Neat thing is that the data would work for anyone with the same car. IE, "what is the optimum location for a subwoofer in my car?" Or, "what is the optimum location for two subwoofers in my car?"


----------



## Patrick Bateman (Sep 11, 2006)

Eric Stevens said:


> Patrick,
> 
> Yes alll done without FEA, most of the area progressions were done using a caclulator or a excel spreadsheet.
> 
> ...


These BEM sims really seem to confirm some of the design decisions you made.









For instance, here's the profile of an older design. Note that it's quite tall - over an inch tall in the middle of the body.

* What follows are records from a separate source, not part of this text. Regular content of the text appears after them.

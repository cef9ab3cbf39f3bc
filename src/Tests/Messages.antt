-- ===== src/Tests/Messages.antt =====
-- Instances for the assembler of logical messages.
use ohmydb_proxy.Prelude.{[], arith, ok, refl, some, ◌∷◌, ◌≡◌}
use ohmydb_proxy.MySql.Packet.{MySqlPacket}
use ohmydb_proxy.MySql.Assembler.{push}
use ohmydb_proxy.MySql.Assembler.Invariant.{IsPartial, push-IsPartial}
use ohmydb_proxy.MySql.Assembler.Messages.{feed, feed-message, idle}

-- The header and the payload of COM_PING with the sequence id 7.
abbrev ping_packet : MySqlPacket
ping_packet = record { sequence_id = 7; payload = 14 ∷ []; raw = 1 ∷ 0 ∷ 0 ∷ 7 ∷ 14 ∷ [] }

feed-message_example : feed (idle 100) (ping_packet ∷ []) ≡ (
  ok (
      some (record {
        first_sequence_id = 7;
        last_sequence_id = 7;
        payload = 14 ∷ [];
        raw_packets = 1 ∷ 0 ∷ 0 ∷ 7 ∷ 14 ∷ [];
        packet_count = 1;
      })),
  idle 100,
)
feed-message_example =
    feed-message 100 7 (ping_packet ∷ []) (refl, tt) (λ e. absurd (ground (arith, e))) (omega arith)

idle-IsPartial : IsPartial (idle 100)
idle-IsPartial = record {
  counted = refl;
  raw_counted = refl;
  first_set = refl;
  last_set = refl;
  within = omega arith;
  full = tt;
}

push-IsPartial_example : IsPartial (push (idle 100) ping_packet).1
push-IsPartial_example = push-IsPartial (idle 100) ping_packet idle-IsPartial
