-- ===== src/Tests/Portals.antt =====
-- Runs and instances for the PostgreSQL session, its handlers and its connections.
use ohmydb_proxy.Prelude.{
  List, [], decode_utf8, encode_utf8, lit, ok, refl, text_eq, true, ◌++◌, ◌∷◌, ◌≡◌,
}
use ohmydb_proxy.Prelude.Dict.{insert, lookup, total}
use ohmydb_proxy.Policy.FailSafe.{strict}
use ohmydb_proxy.Proxy.{Sent, to_backend}
use ohmydb_proxy.Postgres.Protocol.{Message}
use ohmydb_proxy.Postgres.Extended.{}
use ohmydb_proxy.Postgres.State.{
  ConnectionState, register_portal, register_statement, with_statement,
}
use ohmydb_proxy.Postgres.State
use ohmydb_proxy.Postgres.State.Limits.{new-IsBounded}
use ohmydb_proxy.Postgres.State.View.{registers_statement, session-refines-View, view, view_after}
use ohmydb_proxy.Postgres.Handler.{handle_frontend_message, is_type}
use ohmydb_proxy.Postgres.Handler.Laws.{Forwards, IsPermitted, handle_frontend_message-IsPermitted}
use ohmydb_proxy.Postgres.Connection.{
  Connection, Turn, empty_framer, empty_startup, handle_messages, handle_next, read_client,
}
use ohmydb_proxy.Postgres.Connection
use ohmydb_proxy.Postgres.Connection.Recovery.{
  AreSkipped, behind, handle_messages_recovers, recovered,
}
use ohmydb_proxy.Tests.Decisions.{options, strict-IsStrict}
use ohmydb_proxy.Tests.Rules.{}
use ohmydb_proxy.Tests.Frames.{hello, sync}
use ohmydb_proxy.Tests.Extended.{bind}

abbrev session : ConnectionState
session = State.new 4 100

abbrev prepared : ConnectionState
prepared = with_statement session (b's' ∷ []) (lit "SELECT 1")

abbrev bound : ConnectionState
bound = record session { portals = ([], bind) ∷ [] }

prepared_runs : register_statement session (b's' ∷ []) (lit "SELECT 1") ≡ ok prepared
unfolding register_statement lookup State.new total State.statement_bytes encode_utf8 lit
prepared_runs = refl

bound_runs : register_portal session bind ≡ ok bound
unfolding register_portal lookup State.new total State.portal_bytes encode_utf8 State.values_bytes
    insert
bound_runs = refl

session-refines-View_example :
    view prepared ≡ view_after (registers_statement (b's' ∷ []) (lit "SELECT 1")) (view session)
session-refines-View_example =
    session-refines-View (registers_statement (b's' ∷ []) (lit "SELECT 1")) session prepared
      (new-IsBounded 4 100) prepared_runs

-- A Simple Query "SELECT 1".
abbrev query : Message
query = record {
  type = b'Q' ∷ [];
  payload = lit "SELECT 1" ++ (0 ∷ []);
  raw = b'Q' ∷ 0 ∷ 0 ∷ 0 ∷ 13 ∷ (lit "SELECT 1" ++ (0 ∷ []));
}

query_runs :
    handle_frontend_message (options strict) session query ≡ ok (session, to_backend query.raw ∷ [])
unfolding handle_frontend_message State.new text_eq lit
    ohmydb_proxy.Postgres.Handler.handle_simple_query
    ohmydb_proxy.Postgres.Protocol.parse_simple_query_text decode_utf8
    ohmydb_proxy.Policy.Classifier.classify
query_runs = refl

handle_frontend_message-IsPermitted_example :
    Forwards query.raw
      (IsPermitted (options strict) session query)
      (handle_frontend_message (options strict) session query)
handle_frontend_message-IsPermitted_example =
    handle_frontend_message-IsPermitted (options strict) strict-IsStrict session query

abbrev fresh : Connection
fresh = Connection.new 100 4 100

abbrev started : Turn
started = read_client fresh true hello

abbrev framed : Turn
framed = read_client started.0 true query.raw

abbrev served : Turn
served = handle_next (options strict) framed.0 query []

abbrev all_sent : List Sent
all_sent = (([] ++ started.1) ++ framed.1) ++ served.1

-- An open connection that waits for a Sync.
abbrev waiting : Connection
waiting = record {
  startup_framer = empty_startup 100;
  framer = empty_framer 100;
  backend_framer = empty_framer 100;
  state = record session { extended_error_pending = true };
  past_startup = true;
  messages = [];
  client_open = true;
  backend_open = true;
}

recovers_runs :
    (handle_messages (options strict) waiting (query ∷ sync ∷ query ∷ [])).1
    ≡ to_backend sync.raw ∷ to_backend query.raw ∷ []
unfolding handle_messages handle_frontend_message text_eq lit
    ohmydb_proxy.Postgres.Handler.handle_simple_query
    ohmydb_proxy.Postgres.Protocol.parse_simple_query_text decode_utf8
    ohmydb_proxy.Policy.Classifier.classify
recovers_runs = refl

sync_is_sync : is_type sync "S" ≡ true
unfolding lit text_eq
sync_is_sync = refl

query_is_skipped : AreSkipped (query ∷ [])
unfolding lit text_eq
query_is_skipped = (refl, refl, tt)

handle_messages_recovers_example :
    handle_messages (options strict) waiting ((query ∷ []) ++ sync ∷ query ∷ [])
    ≡ behind
        (to_backend sync.raw ∷ [])
        (handle_messages (options strict) (recovered waiting (query ∷ [])) (query ∷ []))
handle_messages_recovers_example =
    handle_messages_recovers (options strict) waiting (query ∷ []) sync (query ∷ []) refl refl
      query_is_skipped sync_is_sync
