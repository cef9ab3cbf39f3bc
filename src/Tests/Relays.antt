-- ===== src/Tests/Relays.antt =====
-- Runs and instances for the relay of a MySQL connection.
use ohmydb_proxy.Prelude.{
  [], decode_utf8, encode_utf8, from_bytes_le, lit, none, ok, refl, to_bytes_le, true, ◌++◌, ◌∷◌,
  ◌≡◌,
}
use ohmydb_proxy.Policy.FailSafe.{strict}
use ohmydb_proxy.Proxy.{to_backend, to_client}
use ohmydb_proxy.Proxy.Laws.{IsSilent}
use ohmydb_proxy.MySql.Packet.{MySqlPacket}
use ohmydb_proxy.MySql.Framer
use ohmydb_proxy.MySql.Assembler
use ohmydb_proxy.MySql.Relay
use ohmydb_proxy.MySql.Relay.{MySqlRelayState, Relayed, backend_packet, client_packet, initial}
use ohmydb_proxy.MySql.Backend.Kept.{is_closed}
use ohmydb_proxy.MySql.Relay.Safe.{IsSafe, is_answered}
use ohmydb_proxy.MySql.Relay.Laws.{
  begun, one_backend_packet, one_client_packet, relay-IsSafe, stepped,
}
use ohmydb_proxy.Tests.Decisions.{options}
use ohmydb_proxy.Tests.Dispatch.{resumed, zero_text}
use ohmydb_proxy.Tests.Logins.{fixed_part, login}

abbrev fresh : MySqlRelayState
fresh =
    initial (lit "shop") 2 100 (record { buffer = []; max_packet_bytes = 1000 })
      (record { buffer = []; max_packet_bytes = 1000 })
      (record {
        max_message_bytes = 1000;
        payload_parts = [];
        raw_parts = [];
        first_sequence_id = none;
        last_sequence_id = none;
        packet_count = 0;
      })

fresh_runs : Relay.new (lit "shop") 1000 2 100 ≡ ok fresh
unfolding Relay.new Framer.new Assembler.new
fresh_runs = refl

-- The greeting of the backend, and the client's request for TLS.
abbrev greeting : MySqlPacket
greeting = record { sequence_id = 0; payload = 10 ∷ []; raw = 1 ∷ 0 ∷ 0 ∷ 0 ∷ 10 ∷ [] }

abbrev request : MySqlPacket
request = record {
  sequence_id = 1;
  payload = fixed_part 0x01 0x0a;
  raw = 32 ∷ 0 ∷ 0 ∷ 1 ∷ fixed_part 0x01 0x0a;
}

abbrev login_packet : MySqlPacket
login_packet = record { sequence_id = 1; payload = login; raw = 38 ∷ 0 ∷ 0 ∷ 1 ∷ login }

abbrev greeted : Relayed (Unit {0})
greeted = backend_packet fresh greeting

greeted_runs :
    greeted
    ≡ (ok tt, record fresh { initial_backend_handshake_seen = true }, to_client greeting.raw ∷ [])
unfolding backend_packet
greeted_runs = refl

-- A request for TLS closes the relay; a login is forwarded.
refused_runs :
    is_closed (client_packet zero_text resumed (options strict) greeted.1 request).1.backend.phase
    ≡ true
unfolding client_packet backend_packet ohmydb_proxy.MySql.Auth.new
    ohmydb_proxy.MySql.Handshake.parse_handshake_response from_bytes_le
    ohmydb_proxy.MySql.Auth.accept_client_response ohmydb_proxy.MySql.Packet.build_error_packet lit
    to_bytes_le encode_utf8 ohmydb_proxy.MySql.Backend.mark_closed
refused_runs = refl

login_runs :
    (client_packet zero_text resumed (options strict) greeted.1 login_packet).2
    ≡ to_backend login_packet.raw ∷ []
unfolding client_packet backend_packet ohmydb_proxy.MySql.Auth.new
    ohmydb_proxy.MySql.Handshake.parse_handshake_response from_bytes_le decode_utf8
    ohmydb_proxy.MySql.Auth.accept_client_response
login_runs = refl

abbrev answered : Relayed (Unit {0})
answered = client_packet zero_text resumed (options strict) greeted.1 login_packet

relay-IsSafe_example :
    IsSafe answered.0 answered.1
    × IsSilent (is_answered answered.1) ((([] ++ greeted.2)) ++ answered.2)
unfolding backend_packet
relay-IsSafe_example =
    relay-IsSafe zero_text resumed (options strict) (lit "shop") 1000 2 100 fresh
      (answered.0, answered.1, (([] ++ greeted.2)) ++ answered.2) (λ s w. w) fresh_runs
      (stepped (stepped begun (one_backend_packet greeting)) (one_client_packet login_packet))
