-- ===== src/Tests/Responses.antt =====
-- Runs of the parsers of backend responses, and instances of their theorems.
use ohmydb_proxy.Prelude.{[], arith, err, false, ok, refl, true, ◌++◌, ◌∷◌, ◌≡◌}
use ohmydb_proxy.MySql.Constants.{client_protocol_41, mariadb_client_cache_metadata}
use ohmydb_proxy.MySql.Command.{mysql_error}
use ohmydb_proxy.MySql.Lenenc.Laws.{encode_lenenc}
use ohmydb_proxy.MySql.Response.{has_flag, parse_ok_packet_status, parse_resultset_header}
use ohmydb_proxy.MySql.Response.Laws.{
  ok_payload, parse_ok_packet_status-ok_payload, parse_resultset_header-encode_lenenc,
}

has_protocol_41 : has_flag 512 client_protocol_41 ≡ true
has_protocol_41 = refl

has_no_cache : has_flag 512 mariadb_client_cache_metadata ≡ false
has_no_cache = refl

parse_ok_packet_status-ok_payload_example :
    parse_ok_packet_status (ok_payload 300 7 2 (0 ∷ 0 ∷ [])) 512 ≡ ok 2
parse_ok_packet_status-ok_payload_example =
    parse_ok_packet_status-ok_payload 300 7 2 512 (0 ∷ 0 ∷ []) (omega arith) (omega arith)
      (omega arith) (omega arith) has_protocol_41

parse_resultset_header-encode_lenenc_example :
    (parse_resultset_header (encode_lenenc 300) 512 ≡ ok (300, true))
    × (parse_resultset_header (encode_lenenc 300 ++ (9 ∷ [])) 512
        ≡ err (mysql_error "Backend result-set header has unexpected trailing bytes"))
parse_resultset_header-encode_lenenc_example =
    parse_resultset_header-encode_lenenc 300 512 9 [] (omega arith) (omega arith) has_no_cache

Your design is very short throughout the body, and flares at the mouth

























When I lowered the height in my sim by 66%, it had the following benefits:

1) it lowered diffraction in the horn body
2) by lowering diffraction, the wavefront is closer to perfect
3) much to my surprise, it extended the high frequencies. This was unexpected; all of the 'conventional' tools like Akabak and Hornresp simulate horns in two dimensions, and can't predict this. If I'm not mistaken, ABEC is the only one that can simulate this.

















Here's an A/B comparison.
The top pic is with a height of about 1.5" in the body.
The second pic is with a height of about 0.5" in the body.
You can see that the wavefront is improved. It's kinda interesting that the high frequencies don't "see" one side of the horn, the wave shape is basically established deep in the horn, and as it moves down the horn, it doesn't "see" that one side of the horn.

Of course, as the waves get larger, they'd start to "fill in" the entire body.

In summary:
It looks like we want a very wide horn body, that is as short as we can get away with without screwing up the frequency response. (As you make the height lower and lower, it will start to make the response ragged, particularly at low frequency.) So as you noted in an earlier post, it's a balancing act between using a very very low height to extend the high frequencies and improve the directivity, while using a larger height to accomodate a lower cutoff. It's neat to realize that you can use a width that is wider than you'd expect because the very high frequencies do not "see" one side of the horn.

Fun stuff!


----------



## Patrick Bateman (Sep 11, 2006)

I know that I have a tendency to think that Synergy Horns solve everything, but this application is just screaming for some midranges on the horn body.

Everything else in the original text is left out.